START Extracted material
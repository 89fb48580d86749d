-- ===== src/Amiga/Write.antt =====
-- src/amiga.c: `amiga_track_write`. The buffer is the list of the long words put into it so far, last
-- first, as they are big-endian.
use flashfloppy_testbed.Prelude.{
  ℕ, zero, suc, ◌+◌, ◌-◌, ◌*◌, ◌/◌, ◌^◌, List, [], ◌∷◌, length, bit_and, bit_or, bit_xor,
}
use flashfloppy_testbed.Prelude.{Option, none, some, ◌==◌, if◌then◌else◌}
use flashfloppy_testbed.Mem.{Mem, u32}
use flashfloppy_testbed.Amiga.{be32, data_mask, even, odd, amigados_dat_checksum}

-- `pr`, and what lies before `q`
pub record Emitter : Type 0 where
  pub pr : ℕ
  pub longs : List ℕ

unfoldable pub emit_raw : Emitter → ℕ → Emitter
emit_raw e r = record { pr = r; longs = bit_and r (2 ^ 32 - 1 - u32 (e.pr * 2 ^ 31)) ∷ e.longs }

-- A long word with its clock bits, but for the first.
unfoldable pub clocked : ℕ → ℕ
clocked l =
    bit_or (bit_and l data_mask) (u32 (bit_and (2 ^ 32 - 1 - bit_or (l / 4) l) data_mask * 2))

unfoldable pub emit_long : Emitter → ℕ → Emitter
unfolding emit_raw clocked
emit_long e l = emit_raw e (clocked l)

-- `for (i = 0; i < n; i++) emit_long(0);`
unfoldable pub emit_zeros : ℕ → Emitter → Emitter
emit_zeros zero e = e
emit_zeros (suc n) e = emit_zeros n (emit_long e 0)

-- The two loops over the data of a sector.
unfoldable pub emit_even : Mem → ℕ → ℕ → Emitter → Emitter
emit_even src b zero e = e
emit_even src b (suc n) e = emit_even src (b + 4) n (emit_long e (even (be32 src b)))

unfoldable pub emit_odd : Mem → ℕ → ℕ → Emitter → Emitter
emit_odd src b zero e = e
emit_odd src b (suc n) e = emit_odd src (b + 4) n (emit_long e (odd (be32 src b)))

-- "info word"
unfoldable pub sector_info : ℕ → ℕ → ℕ → ℕ
sector_info track nsec sec =
    bit_or (bit_or (bit_or (u32 (0xff * 2 ^ 24)) (u32 (track * 2 ^ 16))) (u32 (sec * 2 ^ 8)))
      (u32 (nsec + 2 ^ 32 - sec))

-- "Sector header": the gap, the sync, the info word, the label and the two checksums.
unfoldable pub emit_header : Mem → ℕ → ℕ → Emitter → Emitter
unfolding emit_zeros
emit_header src b info e =
    let gap = emit_raw (emit_long e 0) 0x44894489 in
    let label = emit_zeros 8 (emit_long (emit_long gap (even info)) (odd info)) in
    let header = emit_long (emit_long label 0) (odd (bit_xor info (info / 2))) in
    emit_long (emit_long header 0) (odd (amigados_dat_checksum src b 512))

-- One round of the loop over the sectors.
unfoldable pub emit_sector : Mem → ℕ → ℕ → Emitter → Emitter
unfolding emit_header emit_even emit_odd
emit_sector src b info e = emit_odd src b 128 (emit_even src b 128 (emit_header src b info e))

-- The rounds from sector `sec` on.
unfoldable pub emit_sectors : Mem → ℕ → ℕ → ℕ → ℕ → ℕ → Emitter → Emitter
emit_sectors src b track nsec sec zero e = e
emit_sectors src b track nsec sec (suc n) e =
    emit_sectors src (b + 512) track nsec (sec + 1) n
      (emit_sector src b (sector_info track nsec sec) e)

-- The buffer that is written, of `track_bytes / 2` long words; `end - q` of them are left for the gap.
unfoldable pub track_longs : Mem → ℕ → ℕ → ℕ → ℕ → Emitter
unfolding emit_sectors
track_longs src b track nsec track_bytes =
    let sectors =
      emit_sectors src b track nsec 0 nsec (emit_zeros 32 (record { pr = 0; longs = [] })) in
    emit_zeros (track_bytes / 2 - length sectors.longs) sectors

-- `amiga_track_write`: what is given to `floppy_write`, or `none` when the ASSERT fails.
unfoldable pub amiga_track_write : Mem → ℕ → ℕ → ℕ → Option (List ℕ)
amiga_track_write src buf track nsec =
    let track_bytes = 110000 / 32 * 2 in
    if nsec == 11
    then some (track_longs src buf track nsec track_bytes).longs
    else if nsec == 22
    then some (track_longs src buf track nsec (track_bytes * 2)).longs
    else none
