-- ===== src/Bits/Step.antt =====
-- One equation for the lowest digit of each bit operation.
use Prim.Native.Nat.{min, max, digits, bit_and-bitwise, bit_or-bitwise, bit_xor-bitwise, differ}
use flashfloppy_testbed.Prelude.{ℕ, zero, suc, ◌+◌, ◌*◌, ◌/◌, ◌%◌, ◌≤◌, ◌≡◌, refl, arith}
use flashfloppy_testbed.Prelude.{bit_and, bit_or, bit_xor}

module _ (rest : ℕ → ℕ) (op : ℕ → ℕ → ℕ) where
  -- Any fuel that reaches `x` will do.
  enough : (x y k l : ℕ) → x ≤ k → x ≤ l → digits rest op k x y ≡ digits rest op l x y
  enough (suc x) y (suc k) (suc l) h i =
      omega (arith, enough (suc x / 2) (y / 2) k l (omega arith) (omega arith))
  enough (suc x) y zero l h i = absurd (omega arith)
  enough (suc x) y k zero h i = absurd (omega arith)
  enough zero y zero zero h i = refl
  enough zero y (suc k) zero h i = refl
  enough zero y zero (suc l) h i = refl
  enough zero y (suc k) (suc l) h i = refl

  unroll :
      (x y : ℕ)
      → digits rest op (suc x) (suc x) y
        ≡ digits rest op (suc x / 2) (suc x / 2) (y / 2) * 2 + op (suc x % 2) (y % 2)
  unroll x y = omega (arith, enough (suc x / 2) (y / 2) x (suc x / 2) (omega arith) (omega arith))

pub bit_xor_step : (x y : ℕ) → bit_xor x y ≡ bit_xor (x / 2) (y / 2) * 2 + differ (x % 2) (y % 2)
bit_xor_step (suc x) y = simp bit_xor-bitwise (unroll (λ t. t) differ x y)
bit_xor_step zero y = simp bit_xor-bitwise (ground arith)

pub bit_and_step : (x y : ℕ) → bit_and x y ≡ bit_and (x / 2) (y / 2) * 2 + min (x % 2) (y % 2)
bit_and_step (suc x) y = simp bit_and-bitwise (unroll (λ t. 0) min x y)
bit_and_step zero y = simp bit_and-bitwise (omega arith)

pub bit_or_step : (x y : ℕ) → bit_or x y ≡ bit_or (x / 2) (y / 2) * 2 + max (x % 2) (y % 2)
bit_or_step (suc x) y = simp bit_or-bitwise (unroll (λ t. t) max x y)
bit_or_step zero y = simp bit_or-bitwise (omega arith)
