-- ===== src/Bits/And.antt =====
-- `&` and `|` at variables, as arithmetic on the fields of a word.
use Prim.Native.Nat.{bit_and-bitwise, bit_or-bitwise}
use native.Mathlib.Nat.{pow-suc, one-le-pow}
use flashfloppy_testbed.Prelude.{
  ℕ, zero, suc, ◌+◌, ◌-◌, ◌*◌, ◌/◌, ◌%◌, ◌^◌, ◌≤◌, ◌<◌, ◌≡◌, refl, ap,
}
use flashfloppy_testbed.Prelude.{arith, bit_and, bit_or}
use flashfloppy_testbed.Bits.Step.{bit_and_step, bit_or_step}

pub zero-bit_and : (b : ℕ) → bit_and 0 b ≡ 0
zero-bit_and b = bit_and-bitwise 0 b

pub zero-bit_or : (b : ℕ) → bit_or 0 b ≡ b
zero-bit_or b = bit_or-bitwise 0 b

and_zero_below : (n a : ℕ) → a ≤ n → bit_and a 0 ≡ 0
and_zero_below zero zero h = refl
and_zero_below zero (suc a) h = absurd (omega arith)
and_zero_below (suc n) a h = omega (arith, bit_and_step a 0, and_zero_below n (a / 2) (omega arith))

pub bit_and-zero : (a : ℕ) → bit_and a 0 ≡ 0
bit_and-zero a = and_zero_below a a (omega arith)

or_zero_below : (n a : ℕ) → a ≤ n → bit_or a 0 ≡ a
or_zero_below zero zero h = refl
or_zero_below zero (suc a) h = absurd (omega arith)
or_zero_below (suc n) a h = omega (arith, bit_or_step a 0, or_zero_below n (a / 2) (omega arith))

pub bit_or-zero : (a : ℕ) → bit_or a 0 ≡ a
bit_or-zero a = or_zero_below a a (omega arith)

double-pow : (q k : ℕ) → q * 2 ^ suc k ≡ 2 * (q * 2 ^ k)
double-pow q k = omega (arith, ap (λ (t : ℕ). q * t) (pow-suc 2 k))

pub bit_and_fields :
    (k q r q' r' : ℕ)
    → r < 2 ^ k
    → r' < 2 ^ k
    → bit_and (q * 2 ^ k + r) (q' * 2 ^ k + r') ≡ bit_and q q' * 2 ^ k + bit_and r r'
bit_and_fields zero q r q' r' h h' = ground (arith, zero-bit_and 0)
bit_and_fields (suc k) q r q' r' h h' = ground (
  arith,
  double-pow q k,
  double-pow q' k,
  double-pow (bit_and q q') k,
  pow-suc 2 k,
  bit_and_step (q * 2 ^ suc k + r) (q' * 2 ^ suc k + r'),
  bit_and_step r r',
  bit_and_fields k q (r / 2) q' (r' / 2) (omega (arith, pow-suc 2 k)) (omega (arith, pow-suc 2 k)),
)

pub bit_or_fields :
    (k q r q' r' : ℕ)
    → r < 2 ^ k
    → r' < 2 ^ k
    → bit_or (q * 2 ^ k + r) (q' * 2 ^ k + r') ≡ bit_or q q' * 2 ^ k + bit_or r r'
bit_or_fields zero q r q' r' h h' = ground (arith, zero-bit_or 0)
bit_or_fields (suc k) q r q' r' h h' = ground (
  arith,
  double-pow q k,
  double-pow q' k,
  double-pow (bit_or q q') k,
  pow-suc 2 k,
  bit_or_step (q * 2 ^ suc k + r) (q' * 2 ^ suc k + r'),
  bit_or_step r r',
  bit_or_fields k q (r / 2) q' (r' / 2) (omega (arith, pow-suc 2 k)) (omega (arith, pow-suc 2 k)),
)

pub bit_and_full : (k r : ℕ) → r < 2 ^ k → bit_and r (2 ^ k - 1) ≡ r
bit_and_full zero r h = rw bit_and-zero (omega arith)
bit_and_full (suc k) r h = ground (
  arith,
  pow-suc 2 k,
  one-le-pow k 2,
  bit_and_step r (2 ^ suc k - 1),
  bit_and_full k (r / 2) (omega (arith, pow-suc 2 k)),
)

-- A mask of `k` ones leaves the remainder by `2 ^ k`.
pub bit_and_mask : (k a : ℕ) → bit_and a (2 ^ k - 1) ≡ a % 2 ^ k
bit_and_mask k a = ground (
  arith,
  one-le-pow k 2,
  bit_and_full k (a % 2 ^ k),
  bit_and-zero (a / 2 ^ k),
  bit_and_fields k (a / 2 ^ k) (a % 2 ^ k) 0 (2 ^ k - 1),
)

-- Of the second operand only the bits below the first one's width matter.
pub bit_and_low : (k a b : ℕ) → a < 2 ^ k → bit_and a b ≡ bit_and a (b % 2 ^ k)
bit_and_low k a b h =
    ground (
      arith,
      one-le-pow k 2,
      zero-bit_and (b / 2 ^ k),
      bit_and_fields k 0 a (b / 2 ^ k) (b % 2 ^ k),
    )

pub bit_or_sum : (k q r : ℕ) → r < 2 ^ k → bit_or (q * 2 ^ k) r ≡ q * 2 ^ k + r
bit_or_sum k q r h =
    ground (arith, one-le-pow k 2, bit_or-zero q, zero-bit_or r, bit_or_fields k q 0 0 r)

or_comm_below : (n a b : ℕ) → a ≤ n → b ≤ n → bit_or a b ≡ bit_or b a
or_comm_below zero zero zero h k = refl
or_comm_below zero (suc a) b h k = absurd (omega arith)
or_comm_below zero zero (suc b) h k = absurd (omega arith)
or_comm_below (suc n) a b h k = ground (
  arith,
  bit_or_step a b,
  bit_or_step b a,
  or_comm_below n (a / 2) (b / 2) (omega arith) (omega arith),
)

pub bit_or_comm : (a b : ℕ) → bit_or a b ≡ bit_or b a
bit_or_comm a b = or_comm_below (a + b) a b (omega arith) (omega arith)
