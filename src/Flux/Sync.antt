-- ===== src/Flux/Sync.antt =====
-- src/floppy_generic.c: `rdata_wait_sync` and `floppy_read`. What the DMA engine has delivered when
-- one of its two loops looks is a chunk of samples.
pub mod Chunks
pub mod Mark
pub mod Read
mod Tests
use flashfloppy_testbed.Prelude.{ℕ, zero, suc, ◌+◌, ◌-◌, ◌*◌, ◌/◌, ◌%◌, ◌^◌, List, [], ◌∷◌, ◌++◌}
use flashfloppy_testbed.Prelude.{
  Bool, true, false, not, ◌==◌, ltb, if◌then◌else◌, bit_and, Option, none, some,
}
use flashfloppy_testbed.Mem.{u16, u32}
use flashfloppy_testbed.Flux.{Reader, flux_loop}

-- `SYNC_none`, `SYNC_fm` and `SYNC_mfm`
pub data Sync : Type 0 where
  sync_none sync_fm sync_mfm : Sync

-- `bc_dat`, `bc_prod` and `prev`, and how many fluxes were too long.
pub record Window : Type 0 where
  pub bc_dat : ℕ
  pub bc_prod : ℕ
  pub prev : ℕ
  pub long : ℕ

-- `sync_found`: how many cells of the window are the mark, or zero. Any `sync` that is not
-- `SYNC_fm` is taken for MFM.
unfoldable pub sync_found : Sync → ℕ → ℕ
sync_found sync_fm bc_dat = if bit_and bc_dat 0xffffd555 == 0x55555015 then 31 else 0
sync_found sync_mfm bc_dat = if bc_dat == 0x44894489 then 32 else 0
sync_found sync_none bc_dat = if bc_dat == 0x44894489 then 32 else 0

-- `nr = (curr - (cell>>1)) / cell + 1`, where a negative quotient is cut to zero
unfoldable pub flux_cells : ℕ → ℕ → ℕ
flux_cells cell curr = (curr - cell / 2) / cell + 1

-- One round, without the search.
unfoldable pub shift_flux : ℕ → Window → ℕ → Window
unfolding flux_cells
shift_flux cell s next =
    let curr = u16 (next + 2 ^ 16 - s.prev) in
    let nr = flux_cells cell curr in
    record {
      bc_dat = u32 (u32 (s.bc_dat * 2 ^ nr) + 1);
      bc_prod = u32 (s.bc_prod + nr);
      prev = next;
      long = if ltb (6 * cell) curr then s.long + 1 else s.long;
    }

-- The `while` loop: the window, the samples that are left, and `sync_found`.
unfoldable pub sync_loop : Sync → ℕ → Window → List ℕ → Window × List ℕ × ℕ
sync_loop sync cell s [] = (s, [], 0)
sync_loop sync cell s (next ∷ samples) =
    let shifted = shift_flux cell s next in
    let found = sync_found sync shifted.bc_dat in
    let rest = sync_loop sync cell shifted samples in
    if found == 0 then rest else (shifted, samples, found)

-- `while (!rdata_wait_sync(rd)) continue;`: the window at the mark, `sync_found`, and what is left.
-- `none` still waits.
unfoldable pub wait_sync : Sync → ℕ → Window → List (List ℕ) → Option (Window × ℕ × List (List ℕ))
unfolding sync_loop
wait_sync sync cell s [] = none
wait_sync sync cell s (chunk ∷ chunks) =
    let (w, left, found) = sync_loop sync cell s chunk in
    let rest = wait_sync sync cell w chunks in
    if found == 0 then rest else some (w, found, left ∷ chunks)

-- `rd->start` when the mark has been found at `now`; `cell` is a `uint16_t`.
unfoldable pub sync_start : ℕ → ℕ → ℕ → ℕ → ℕ
sync_start start now bc_prod found =
    let cell = u16 (u32 (u32 (now + 2 ^ 32 - start) * 16) / bc_prod) in
    u32 (now + 2 ^ 32 - u32 (found * cell) / 16)

-- `while (!rdata_flux_to_bc(rd)) continue;`
unfoldable pub fill : ℕ → ℕ → Reader → ℕ → List (List ℕ) → Option Reader
fill bc_max cell s prev [] = none
fill bc_max cell s prev (chunk ∷ chunks) =
    let (r, p) = flux_loop bc_max cell s prev chunk in
    let rest = fill bc_max cell r p chunks in if r.full then some r else rest

-- What `floppy_read_prep` sets up, `cnt` being the timer's counter.
unfoldable pub read_prep : ℕ → Window
read_prep cnt = record { bc_dat = 2 ^ 32 - 1; bc_prod = 0; prev = cnt; long = 0 }

-- `*rd` behind a read: the buffer as 32-bit words, and `start`.
pub record ReadDone : Type 0 where
  pub bc_buf : ℕ → ℕ
  pub start : ℕ

abbrev pub read_at : ℕ → Option Reader → Option ReadDone
read_at start none = none
read_at start (some r) = some (record { bc_buf = r.bc_buf; start = start })

unfoldable pub from_mark : ℕ → ℕ → (ℕ → ℕ) → ℕ → ℕ → Window × ℕ × List (List ℕ) → Option ReadDone
from_mark bc_max cell buf start now (w, found, chunks) =
    let reader : Reader = record {
      bc_dat = w.bc_dat;
      bc_prod = found;
      bc_buf = λ i. if i == 0 then w.bc_dat else buf i;
      full = false;
    } in
    read_at (sync_start start now w.bc_prod found) (fill bc_max cell reader w.prev chunks)

-- `floppy_read` behind `floppy_read_prep`, into a buffer that holds `buf`: `start` and `now` are
-- what `time_now` gives when the timer starts and when the mark has been found.
abbrev pub from_wait :
    ℕ → ℕ → (ℕ → ℕ) → ℕ → ℕ → Option (Window × ℕ × List (List ℕ)) → Option ReadDone
from_wait bc_max cell buf start now none = none
from_wait bc_max cell buf start now (some mark) = from_mark bc_max cell buf start now mark

unfoldable pub floppy_read : Sync → ℕ → ℕ → (ℕ → ℕ) → ℕ → ℕ → ℕ → List (List ℕ) → Option ReadDone
unfolding wait_sync from_mark
floppy_read sync_none nr_words cell buf cnt start now chunks =
    let s = read_prep cnt in
    let reader : Reader = record {
      bc_dat = s.bc_dat;
      bc_prod = s.bc_prod;
      bc_buf = buf;
      full = false;
    } in
    read_at start (fill (u32 (nr_words * 16)) cell reader s.prev chunks)
floppy_read sync nr_words cell buf cnt start now chunks =
    from_wait (u32 (nr_words * 16)) cell buf start now (wait_sync sync cell (read_prep cnt) chunks)
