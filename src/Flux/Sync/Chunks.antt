-- ===== src/Flux/Sync/Chunks.antt =====
-- It makes no difference to a read how the samples are cut into chunks.
use flashfloppy_testbed.Prelude.{ℕ, ◌+◌, ◌-◌, ◌*◌, ◌^◌, ◌≡◌, ◌⊎◌, inl, inr, ◌∙◌, refl, sym, ap}
use flashfloppy_testbed.Prelude.{
  List, [], ◌∷◌, ◌++◌, true, false, ◌==◌, if◌then◌else◌, Bool-cases, Option, none, some,
}
use mathlib.Core.List.{append-nil}
use flashfloppy_testbed.Mem.{u16, u32}
use flashfloppy_testbed.Flux.{Reader, flux_loop, one_flux}
use flashfloppy_testbed.Flux.Sync.{
  Sync, Window, sync_found, shift_flux, sync_loop, wait_sync, fill, read_prep, ReadDone, from_mark,
  read_at, from_wait, sync_start,
}

abbrev pub joined : List (List ℕ) → List ℕ
joined [] = []
joined (c ∷ cs) = c ++ joined cs

-- A loop's result, if it is the whole: the reader, when it is full.
abbrev pub if_full : Reader → Option Reader
if_full r = if r.full then some r else none

flux_loop-append :
    (xs ys : List ℕ) (bc_max cell : ℕ) (s : Reader) (prev : ℕ)
    → s.full ≡ false
    → flux_loop bc_max cell s prev (xs ++ ys) ≡ (
        let (r, p) = flux_loop bc_max cell s prev xs in
        if r.full then (r, p) else flux_loop bc_max cell r p ys)
unfolding flux_loop
flux_loop-append [] ys bc_max cell s prev h = rw h refl
flux_loop-append (x ∷ xs) ys bc_max cell s prev h =
    elim (Bool-cases (one_flux bc_max cell s (u16 (x + 2 ^ 16 - prev))).full) [
      | inl f ↦ rw (f, f) refl
      | inr f ↦ rw f (
          flux_loop-append xs ys bc_max cell (one_flux bc_max cell s (u16 (x + 2 ^ 16 - prev))) x f)
    ]

pub fill-joined :
    (chunks : List (List ℕ)) (bc_max cell : ℕ) (s : Reader) (prev : ℕ)
    → s.full ≡ false
    → fill bc_max cell s prev chunks ≡ if_full (flux_loop bc_max cell s prev (joined chunks)).0
unfolding fill
fill-joined [] bc_max cell s prev h = unfold flux_loop in rw h refl
fill-joined (c ∷ cs) bc_max cell s prev h =
    elim (Bool-cases (flux_loop bc_max cell s prev c).0.full) [
      | inl f ↦ rw (flux_loop-append c (joined cs) bc_max cell s prev h, f, f) refl
      | inr f ↦
          rw (flux_loop-append c (joined cs) bc_max cell s prev h, f)
            (fill-joined cs bc_max cell (flux_loop bc_max cell s prev c).0
              (flux_loop bc_max cell s prev c).1 f)
    ]

sync_loop-append :
    (xs ys : List ℕ) (sync : Sync) (cell : ℕ) (s : Window)
    → sync_loop sync cell s (xs ++ ys) ≡ (
        let (w, left, found) = sync_loop sync cell s xs in
        if found == 0 then sync_loop sync cell w ys else (w, left ++ ys, found))
unfolding sync_loop
sync_loop-append [] ys sync cell s = refl
sync_loop-append (x ∷ xs) ys sync cell s =
    elim (Bool-cases (sync_found sync (shift_flux cell s x).bc_dat == 0)) [
      | inl miss ↦ rw miss (sync_loop-append xs ys sync cell (shift_flux cell s x))
      | inr found ↦ rw (found, found) refl
    ]

-- The wait either finds the mark that the whole run of samples has, and leaves the samples behind it,
-- or there is none.
wait_sync-joined :
    (chunks : List (List ℕ)) (sync : Sync) (cell : ℕ) (s : Window)
    → let (w, left, found) = sync_loop sync cell s (joined chunks) in
      ((wait_sync sync cell s chunks ≡ none) × ((found == 0) ≡ true))
      ⊎ ((rest : List (List ℕ)) × (wait_sync sync cell s chunks ≡ some (w, found, rest))
          × (joined rest ≡ left)
          × ((found == 0) ≡ false))
unfolding wait_sync
wait_sync-joined [] sync cell s = unfold sync_loop in inl (refl, refl)
wait_sync-joined (c ∷ cs) sync cell s = elim (Bool-cases ((sync_loop sync cell s c).2 == 0)) [
  | inl miss ↦
      rw (sync_loop-append c (joined cs) sync cell s, miss)
        (wait_sync-joined cs sync cell (sync_loop sync cell s c).0)
  | inr hit ↦
      rw (sync_loop-append c (joined cs) sync cell s, hit)
        (inr ((sync_loop sync cell s c).1 ∷ cs, refl, refl, hit))
]

-- The reader that starts behind a mark.
abbrev pub marked_reader : ℕ → (ℕ → ℕ) → ℕ → Reader
marked_reader dat buf found = record {
  bc_dat = dat;
  bc_prod = found;
  bc_buf = λ i. if i == 0 then dat else buf i;
  full = false;
}

from_mark-joined :
    (bc_max cell : ℕ) (buf : ℕ → ℕ) (start now found : ℕ) (w : Window) (xs ys : List (List ℕ))
    → joined xs ≡ joined ys
    → from_mark bc_max cell buf start now (w, found, xs)
      ≡ from_mark bc_max cell buf start now (w, found, ys)
unfolding from_mark
from_mark-joined bc_max cell buf start now found w xs ys e =
    ap (read_at (sync_start start now w.bc_prod found)) (
      fill-joined xs bc_max cell (marked_reader w.bc_dat buf found) w.prev refl
      ∙ ap (λ l. if_full (flux_loop bc_max cell (marked_reader w.bc_dat buf found) w.prev l).0) e
      ∙ sym (fill-joined ys bc_max cell (marked_reader w.bc_dat buf found) w.prev refl))

-- The read of one run of samples behind its mark.
abbrev pub whole_read : Sync → ℕ → ℕ → (ℕ → ℕ) → ℕ → ℕ → ℕ → List ℕ → Option ReadDone
whole_read sync bc_max cell buf cnt start now samples =
    let (w, left, found) = sync_loop sync cell (read_prep cnt) samples in
    if found == 0 then none else from_mark bc_max cell buf start now (w, found, left ∷ [])

module _ (nr_words cell : ℕ) (buf : ℕ → ℕ) (cnt start now : ℕ) where
  abbrev bc_max : ℕ
  bc_max = u32 (nr_words * 16)

  pub from_wait-whole_read :
      (sync : Sync) (chunks : List (List ℕ))
      → from_wait bc_max cell buf start now (wait_sync sync cell (read_prep cnt) chunks)
        ≡ whole_read sync bc_max cell buf cnt start now (joined chunks)
  from_wait-whole_read sync chunks = elim (wait_sync-joined chunks sync cell (read_prep cnt)) [
    | inl a ↦ rw (a.0, a.1) refl
    | inr a ↦
        rw (a.1, a.3)
          (from_mark-joined bc_max cell buf start now _ _ a.0 _ (a.2 ∙ sym (append-nil _)))
  ]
END Extracted material
**Task to complete:** In the material above, transcribe exactly the lines beginning at the one with "rw (flux_loop-append c (joined cs) bc_max cell s prev h, f)" and ending at the one with "(joined chunks) in", both included.

**Output of the exercise:**
          rw (flux_loop-append c (joined cs) bc_max cell s prev h, f)
            (fill-joined cs bc_max cell (flux_loop bc_max cell s prev c).0
              (flux_loop bc_max cell s prev c).1 f)
    ]

sync_loop-append :
    (xs ys : List ℕ) (sync : Sync) (cell : ℕ) (s : Window)
    → sync_loop sync cell s (xs ++ ys) ≡ (
        let (w, left, found) = sync_loop sync cell s xs in
        if found == 0 then sync_loop sync cell w ys else (w, left ++ ys, found))
unfolding sync_loop
sync_loop-append [] ys sync cell s = refl
sync_loop-append (x ∷ xs) ys sync cell s =
    elim (Bool-cases (sync_found sync (shift_flux cell s x).bc_dat == 0)) [
      | inl miss ↦ rw miss (sync_loop-append xs ys sync cell (shift_flux cell s x))
      | inr found ↦ rw (found, found) refl
    ]

-- The wait either finds the mark that the whole run of samples has, and leaves the samples behind it,
-- or there is none.
wait_sync-joined :
    (chunks : List (List ℕ)) (sync : Sync) (cell : ℕ) (s : Window)
    → let (w, left, found) = sync_loop sync cell s (joined chunks) in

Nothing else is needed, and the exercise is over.